REQUIREMENT: Where the line with "passes-capacity zero count" appears below, start writing out lines exactly, and finish with the line with "(l'.slot ≡ l.slot)", which is included; write out nothing else.
***** DATA SHOWN
-- ===== src/Stealing/Ordered/Keeping.antt =====
-- core/src/common/ordered_work_steal.rs: what every push and pop of a local queue keeps of its own
-- queue, a theft included.
use mathlib.Core.Path.{subst}
use open_coroutine.Prelude.{
  ℕ, zero, suc, ◌+◌, ◌/◌, ◌%◌, ◌<◌, ◌≤◌, ◌≡◌, refl, sym, ◌∙◌, ap, arith, min, Bool, true, false,
  Option, none, some, List, [], ◌∷◌, inl, inr, Bool-cases, Option-cases, ◌==◌, if◌then◌else◌,
  length, get_elem?, ltb, leb,
}
use open_coroutine.Time.{u64_max, saturating_add}
use open_coroutine.Scheduler.Queues.{tally}
use open_coroutine.Stealing.Parts.{Workers, Injectors, SkipMap, lookup}
use open_coroutine.Stealing.Parts.Contents.{list_cases}
use open_coroutine.Stealing.Ordered.{
  Shared, Local, InRange, get_or, set_elem, own, set_own, shared_push, shared_pop, pass, passes,
  push_to_global, local_push, pop_local, max_steal, can_steal, rob, rob_all, next_tick, from_shared,
  pop_elsewhere, or_else, local_pop, first_worker, first_injector, reverse_onto,
}
use open_coroutine.Stealing.Ordered.Weights.{
  get_or-set_elem_ne, weight, of_old-weight, weight-set_entry, length-set_elem,
}
use open_coroutine.Stealing.Ordered.Theft.{
  IsIdle, rob-IsIdle, rob-stays, lookup-IsIdle, set_entry-IsIdle, pop_local-IsIdle,
}
use open_coroutine.Stealing.Ordered.Overflow.{passes-keeps}
use open_coroutine.Stealing.Ordered.Lengths.{
  held, size, IsExact, own-set_own, local_push-returns, pop_local-IsExact,
}

module _ {T W I L S : Type 0} (𝓦 : Workers W T) (𝓘 : Injectors I T) (𝓛 : SkipMap L W)
    (𝓢 : SkipMap S I) where
  -- The index of the local queue is one of the list, its count that of its elements, and the capacity
  -- is a usize.
  abbrev pub IsGood : Local → Shared S L → Type 0
  IsGood l s = InRange l s × IsExact 𝓦 𝓘 𝓛 𝓢 l s × (s.local_capacity ≤ u64_max)

  weight-IsIdle : (es : List (ℕ × W)) → IsIdle 𝓦 𝓘 𝓛 𝓢 (λ x. true) es → weight (held 𝓦 𝓘 𝓛 𝓢) es ≡ 0
  weight-IsIdle [] h = refl
  weight-IsIdle ((k, w) ∷ es) h = omega (arith, ap (tally (λ x. true)) h.0, weight-IsIdle es h.1)

  tally-true : (xs : List T) → tally (λ x. true) xs ≡ length xs
  tally-true [] = refl
  tally-true (x ∷ xs) = omega (arith, tally-true xs)

  -- The booty is all that the queue of a thief holds.
  seized-IsExact :
      (i k : ℕ) (l : Local) (s : Shared S L) (w w' into' : W) (v : L)
      → InRange l s
      → (l.slot == i) ≡ false
      → IsIdle 𝓦 𝓘 𝓛 𝓢 (λ x. true) (𝓛.entries (own 𝓦 𝓘 𝓛 𝓢 l s))
      → size 𝓦 𝓘 𝓛 𝓢 (
          own 𝓦 𝓘 𝓛 𝓢 l (
            let robbed = record s { local_queues = set_elem i v s.local_queues } in
            set_own 𝓦 𝓘 𝓛 𝓢 l (𝓛.put k into' (own 𝓦 𝓘 𝓛 𝓢 l robbed)) robbed))
        ≡ length (𝓦.items into')
  seized-IsExact i k l s w w' into' v h d g =
      let robbed = record s { local_queues = set_elem i v s.local_queues } in
      let h' : InRange l robbed =
        subst (λ n. l.slot < n) (sym (length-set_elem i v s.local_queues)) h in
      let m = own 𝓦 𝓘 𝓛 𝓢 l s in
      let same = get_or-set_elem_ne l.slot i v 𝓛.empty s.local_queues d in
      let there = ap (size 𝓦 𝓘 𝓛 𝓢) (
        own-set_own 𝓦 𝓘 𝓛 𝓢 l (𝓛.put k into' (own 𝓦 𝓘 𝓛 𝓢 l robbed)) robbed h'
        ∙ ap (𝓛.put k into') same) in
      let f = held 𝓦 𝓘 𝓛 𝓢 in
      let set = weight-set_entry f k into' (𝓛.entries m) in
      let put = ap (weight f) (𝓛.entries-put k into' m) in
      omega (
        arith,
        there,
        set,
        put,
        weight-IsIdle (𝓛.entries m) g,
        tally-true (𝓦.items into'),
        of_old-weight f k (𝓛.entries m),
      )

  steal-length :
      (f : ℕ → ℕ) (n : ℕ) (w into w' into' : W)
      → 𝓦.items into ≡ []
      → ((k : ℕ) → f k ≤ n)
      → 𝓦.steal f w into ≡ some (w', into')
      → length (𝓦.items into') ≤ n
  steal-length f n w into w' into' e b t =
      let (taken, x, c, z, y, u, v) = 𝓦.steal-moves f w into w' into' t in
      let all = ap length c in ground (arith, e, all, y, b (length (𝓦.items w)))

  rob-IsGood :
      (i : ℕ) (es : List (ℕ × W)) (l : Local) (s : Shared S L)
      → IsGood l s
      → (l.slot == i) ≡ false
      → IsIdle 𝓦 𝓘 𝓛 𝓢 (λ x. true) (𝓛.entries (own 𝓦 𝓘 𝓛 𝓢 l s))
      → let r = rob 𝓦 𝓘 𝓛 𝓢 i es l s in IsGood r.1 r.2
  unfolding rob
  rob-IsGood i [] l s h d g = h
  rob-IsGood i ((k, w) ∷ es) l s h d g = elim (list_cases (𝓦.items w)) [
    | inl e ↦ rw (e, rob) (rob-IsGood i es l s h d g)
    | inr (x, xs, e) ↦
        let m = own 𝓦 𝓘 𝓛 𝓢 l s in
        let into = get_or (𝓦.new s.local_capacity) (lookup k (𝓛.entries m)) in
        let m' = 𝓛.put k into m in
        let s1 = set_own 𝓦 𝓘 𝓛 𝓢 l m' s in
        let h1 : InRange l s1 =
          subst (λ n. l.slot < n) (sym (length-set_elem l.slot m' s.local_queues)) h.0 in
        let mine = own-set_own 𝓦 𝓘 𝓛 𝓢 l m' s h.0 in
        let fresh = lookup-IsIdle 𝓦 𝓘 𝓛 𝓢 (λ x. true) s.local_capacity k (𝓛.entries m) g in
        let idle =
          subst (IsIdle 𝓦 𝓘 𝓛 𝓢 (λ x. true))
            (sym (ap (λ v. 𝓛.entries v) mine ∙ 𝓛.entries-put k into m))
            (set_entry-IsIdle 𝓦 𝓘 𝓛 𝓢 (λ x. true) k into (𝓛.entries m) fresh g) in
        let was = weight-IsIdle (𝓛.entries m) g in
        let now = weight-IsIdle (𝓛.entries (own 𝓦 𝓘 𝓛 𝓢 l s1)) idle in
        let share = λ (n : ℕ).
          min (min n (max_steal 𝓦 𝓘 𝓛 𝓢 s.local_capacity l))
            (saturating_add (length (𝓦.items w)) 1 / 2) in
        elim (Option-cases (𝓦.steal share w into)) [
          | inl f ↦
              let zero_len : l.len ≡ 0 = h.1 ∙ was in
              rw (e, f, rob) (rob-IsGood i es l s1 (h1, zero_len ∙ sym now, h.2) d idle)
          | inr ((w', into'), f) ↦
              let v = 𝓛.put k w' (get_or 𝓛.empty (get_elem? s1.local_queues i)) in
              let n2 =
                length-set_elem l.slot
                  (𝓛.put k into'
                    (own 𝓦 𝓘 𝓛 𝓢 l (record s1 { local_queues = set_elem i v s1.local_queues })))
                  (set_elem i v s1.local_queues)
                ∙ length-set_elem i v s1.local_queues in
              let exact = seized-IsExact i k l s1 w w' into' v h1 d idle in
              let few =
                steal-length share (max_steal 𝓦 𝓘 𝓛 𝓢 s.local_capacity l) w into w' into' fresh
                  (λ n. omega arith) f in
              let sum : saturating_add l.len (length (𝓦.items into')) ≡ length (𝓦.items into') =
                ground (arith, h.1, h.2, was, few) in
              rw (e, f, rob) (omega (arith, n2, h1), sum ∙ sym exact, h.2)
        ]
  ]

  rob_all-IsGood :
      (n i : ℕ) (l : Local) (s : Shared S L)
      → IsGood l s
      → IsIdle 𝓦 𝓘 𝓛 𝓢 (λ x. true) (𝓛.entries (own 𝓦 𝓘 𝓛 𝓢 l s))
      → let r = rob_all 𝓦 𝓘 𝓛 𝓢 n i l s in IsGood r.1 r.2
  unfolding rob_all
  rob_all-IsGood zero i l s h g = h
  rob_all-IsGood (suc n) i l s h g =
      let i' = i % length s.local_queues in
      let es = 𝓛.entries (get_or 𝓛.empty (get_elem? s.local_queues i')) in
      let r = rob 𝓦 𝓘 𝓛 𝓢 i' es l s in
      let one : IsGood r.1 r.2 = elim (Bool-cases (l.slot == i')) [
        | inl f ↦
            let at : IsIdle 𝓦 𝓘 𝓛 𝓢 (λ x. true) es =
              subst
                (λ j.
                  IsIdle 𝓦 𝓘 𝓛 𝓢 (λ x. true)
                    (𝓛.entries (get_or 𝓛.empty (get_elem? s.local_queues j))))
                (ground (arith, f)) g in
            rw (rob-IsIdle 𝓦 𝓘 𝓛 𝓢 (λ x. true) i' es l s at) h
        | inr f ↦ rob-IsGood i' es l s h f g
      ] in
      elim (Bool-cases (can_steal 𝓦 𝓘 𝓛 𝓢 s.local_capacity l)) [
        | inr c ↦ rw c h
        | inl c ↦ elim (Bool-cases r.0) [
          | inl e ↦ rw c (rw e one)
          | inr e ↦
              let (z, idle) = rob-stays 𝓦 𝓘 𝓛 𝓢 (λ x. true) i' es l s h.0 g e in
              rw c (
                rw e (
                  rob_all-IsGood n (i + 1) r.1 r.2 one (
                    subst (λ l1. IsIdle 𝓦 𝓘 𝓛 𝓢 (λ x. true) (𝓛.entries (own 𝓦 𝓘 𝓛 𝓢 l1 r.2)))
                      (sym z) idle)))
        ]
      ]

  shared_pop-IsGood : (l : Local) (s : Shared S L) → IsGood l s → IsGood l (shared_pop 𝓦 𝓘 𝓛 𝓢 s).1
  unfolding shared_pop
  shared_pop-IsGood l s h =
      elim (Option-cases (first_injector 𝓦 𝓘 𝓛 𝓢 (𝓢.entries s.shared_queue))) [
        | inl e ↦ ground (arith, e, h)
        | inr (r, e) ↦ ground (arith, e, h)
      ]

  pop_local-IsGood :
      (l : Local) (s : Shared S L) → IsGood l s → let r = pop_local 𝓦 𝓘 𝓛 𝓢 l s in IsGood r.1 r.2
  unfolding pop_local
  pop_local-IsGood l s h =
      let m = own 𝓦 𝓘 𝓛 𝓢 l s in
      let e = pop_local-IsExact 𝓦 𝓘 𝓛 𝓢 l s h.0 h.1 in
      elim (Option-cases (first_worker 𝓦 𝓘 𝓛 𝓢 (𝓛.entries m))) [
        | inl f ↦ (ground (arith, f, h.0), e, ground (arith, f, h.2))
        | inr ((x, k, w'), f) ↦
            let n = length-set_elem l.slot (𝓛.put k w' m) s.local_queues in
            (ground (arith, f, h.0, n), e, ground (arith, f, h.2))
      ]

  if-IsGood :
      (b : Bool) (r q : Option T × Local × Shared S L)
      → (b ≡ true → IsGood r.1 r.2)
      → (b ≡ false → IsGood q.1 q.2)
      → let t = if b then r else q in IsGood t.1 t.2
  if-IsGood true r q h g = h refl
  if-IsGood false r q h g = g refl

  or_else-IsGood :
      (r : Option T × Local × Shared S L)
      (next : Local → Shared S L → Option T × Local × Shared S L)
      → IsGood r.1 r.2
      → (r.0 ≡ none → let q = next r.1 r.2 in IsGood q.1 q.2)
      → let q = or_else 𝓦 𝓘 𝓛 𝓢 r next in IsGood q.1 q.2
  or_else-IsGood (none, l, s1) next h g = g refl
  or_else-IsGood (some x, l, s1) next h g = h

  pop_elsewhere-IsGood :
      (start : ℕ) (l : Local) (s : Shared S L)
      → IsGood l s
      → IsIdle 𝓦 𝓘 𝓛 𝓢 (λ x. true) (𝓛.entries (own 𝓦 𝓘 𝓛 𝓢 l s))
      → let q = pop_elsewhere 𝓦 𝓘 𝓛 𝓢 start l s in IsGood q.1 q.2
  unfolding pop_elsewhere
  pop_elsewhere-IsGood start l s h g =
      let r = rob_all 𝓦 𝓘 𝓛 𝓢 (length s.local_queues) start l s in
      let h' = rob_all-IsGood (length s.local_queues) start l s h g in
      if-IsGood l.stealing _ _ (λ c. shared_pop-IsGood l s h)
        (λ c.
          if-IsGood r.0 _ _ (λ e. pop_local-IsGood r.1 r.2 h') (λ e. shared_pop-IsGood r.1 r.2 h'))

  then_local-IsGood :
      (start : ℕ) (l : Local) (s : Shared S L)
      → IsGood l s
      → let q = or_else 𝓦 𝓘 𝓛 𝓢 (pop_local 𝓦 𝓘 𝓛 𝓢 l s) (pop_elsewhere 𝓦 𝓘 𝓛 𝓢 start) in
        IsGood q.1 q.2
  then_local-IsGood start l s h =
      or_else-IsGood (pop_local 𝓦 𝓘 𝓛 𝓢 l s) (pop_elsewhere 𝓦 𝓘 𝓛 𝓢 start) (pop_local-IsGood l s h)
        (λ e.
          let (g, f) = pop_local-IsIdle 𝓦 𝓘 𝓛 𝓢 (λ x. true) l s e in
          subst (λ r. let q = pop_elsewhere 𝓦 𝓘 𝓛 𝓢 start r.1 r.2 in IsGood q.1 q.2) (sym f)
            (pop_elsewhere-IsGood start l s h g))

  -- A pop keeps that the index of the local queue is one of the list, that its count is that of its
  -- elements, and that the capacity is a usize, the booty of a theft counted.
  pub local_pop-IsGood :
      (start : ℕ) (l : Local) (s : Shared S L)
      → IsGood l s
      → let r = local_pop 𝓦 𝓘 𝓛 𝓢 start l s in IsGood r.1 r.2
  unfolding local_pop
  local_pop-IsGood start l s h =
      let l' = record l { tick = next_tick 𝓦 𝓘 𝓛 𝓢 l.tick } in
      let q = shared_pop 𝓦 𝓘 𝓛 𝓢 s in
      elim (Bool-cases (next_tick 𝓦 𝓘 𝓛 𝓢 l.tick % 61 == 0)) [
        | inl e ↦ rw e (
            or_else-IsGood (from_shared 𝓦 𝓘 𝓛 𝓢 l' q) _ (shared_pop-IsGood l' s h)
              (λ g. then_local-IsGood start l' q.1 (shared_pop-IsGood l' s h)))
        | inr e ↦ rw e (then_local-IsGood start l' s h)
      ]

  pass-capacity :
      (es : List (ℕ × W)) (count done : ℕ) (m : L) (s : Shared S L)
      → (pass 𝓦 𝓘 𝓛 𝓢 es count done m s).2.local_capacity ≡ s.local_capacity
  unfolding pass shared_push
  pass-capacity [] count done m s = refl
  pass-capacity ((k, w) ∷ es) count done m s = elim (Bool-cases (leb count done)) [
    | inl e ↦ rw e refl
    | inr e ↦ elim (Option-cases (𝓦.pop w)) [
      | inl f ↦ rw e (rw f (pass-capacity es count done m s))
      | inr ((x, w'), f) ↦
          rw e (rw f (pass-capacity es count (done + 1) (𝓛.put k w' m) (shared_push 𝓦 𝓘 𝓛 𝓢 k x s)))
    ]
  ]

  passes-capacity :
      (fuel count done : ℕ) (m : L) (s : Shared S L) (m' : L) (s' : Shared S L)
      → passes 𝓦 𝓘 𝓛 𝓢 fuel count done m s ≡ some (m', s')
      → s'.local_capacity ≡ s.local_capacity
  unfolding passes
  passes-capacity zero count done m s m' s' e = absurd (ground arith)
  passes-capacity (suc fuel) count done m s m' s' e =
      let es = reverse_onto (𝓛.entries m) [] in
      let r = pass 𝓦 𝓘 𝓛 𝓢 es count done m s in
      elim (Bool-cases (ltb done count)) [
        | inl f ↦
            passes-capacity fuel count r.0 r.1 r.2 m' s' (ground (arith, e, f))
            ∙ pass-capacity es count done m s
        | inr f ↦ ground (arith, e, f)
      ]

  -- What a push leaves as it is.
  abbrev Frame : Local → Shared S L → Local → Shared S L → Type 0
  Frame l s l' s' =
      (l'.slot ≡ l.slot)
      × (length s'.local_queues ≡ length s.local_queues)
      × (s'.local_capacity ≡ s.local_capacity)

  push_to_global-Frame :
      (fuel k : ℕ) (x : T) (l : Local) (s : Shared S L) (l' : Local) (s' : Shared S L)
      → push_to_global 𝓦 𝓘 𝓛 𝓢 fuel k x l s ≡ some (l', s')
      → Frame l s l' s'
  unfolding push_to_global shared_push
  push_to_global-Frame fuel k x l s l' s' e =
      elim (Option-cases (passes 𝓦 𝓘 𝓛 𝓢 fuel (l.len / 2) 0 (own 𝓦 𝓘 𝓛 𝓢 l s) s)) [
        | inl f ↦ absurd (ground (arith, e, f))
        | inr ((m, s1), f) ↦
            let o = own 𝓦 𝓘 𝓛 𝓢 l s in
            let (t, q) = passes-keeps 𝓦 𝓘 𝓛 𝓢 (λ y. true) fuel (l.len / 2) 0 o s m s1 f in
            let c = passes-capacity fuel (l.len / 2) 0 o s m s1 f in
            let n = length-set_elem l.slot m s1.local_queues ∙ ap length q in
            (ground (arith, e, f), ground (arith, e, f, n), ground (arith, e, f, c))
      ]

  local_push-Frame :
      (fuel k : ℕ) (x : T) (l : Local) (s : Shared S L) (l' : Local) (s' : Shared S L)
      → local_push 𝓦 𝓘 𝓛 𝓢 fuel k x l s ≡ some (l', s')
      → Frame l s l' s'
  unfolding local_push
  local_push-Frame fuel k x l s l' s' e =
      let m = own 𝓦 𝓘 𝓛 𝓢 l s in
      let w = get_or (𝓦.new s.local_capacity) (lookup k (𝓛.entries m)) in
      let global = push_to_global-Frame fuel k x l s l' s' in
      elim (Bool-cases (leb s.local_capacity l.len)) [
        | inl full ↦ global (ground (arith, e, full))
        | inr room ↦ elim (Option-cases (𝓦.push x w)) [
          | inl f ↦ global (ground (arith, e, room, f))
          | inr (w', f) ↦
              let n = length-set_elem l.slot (𝓛.put k w' m) s.local_queues in
              (
                ground (arith, e, room, f),
                ground (arith, e, room, f, n),
                ground (arith, e, room, f),
              )
        ]
      ]

  -- A push with fuel above half the count returns, and keeps the same.
  pub local_push-IsGood :
      (fuel k : ℕ) (x : T) (l : Local) (s : Shared S L)
      → IsGood l s
      → l.len / 2 < fuel
      → (r : Local × Shared S L) × (local_push 𝓦 𝓘 𝓛 𝓢 fuel k x l s ≡ some r) × IsGood r.0 r.1
  local_push-IsGood fuel k x l s h b =
      let (r, e, g) = local_push-returns 𝓦 𝓘 𝓛 𝓢 fuel k x l s h.0 h.1 h.2 b in
      let (z, n, c) = local_push-Frame fuel k x l s r.0 r.1 e in
      (r, e, (omega (arith, z, n, h.0), g, omega (arith, c, h.2)))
**********
YOUR RESPONSE:
  passes-capacity zero count done m s m' s' e = absurd (ground arith)
  passes-capacity (suc fuel) count done m s m' s' e =
      let es = reverse_onto (𝓛.entries m) [] in
      let r = pass 𝓦 𝓘 𝓛 𝓢 es count done m s in
      elim (Bool-cases (ltb done count)) [
        | inl f ↦
            passes-capacity fuel count r.0 r.1 r.2 m' s' (ground (arith, e, f))
            ∙ pass-capacity es count done m s
        | inr f ↦ ground (arith, e, f)
      ]

  -- What a push leaves as it is.
  abbrev Frame : Local → Shared S L → Local → Shared S L → Type 0
  Frame l s l' s' =
      (l'.slot ≡ l.slot)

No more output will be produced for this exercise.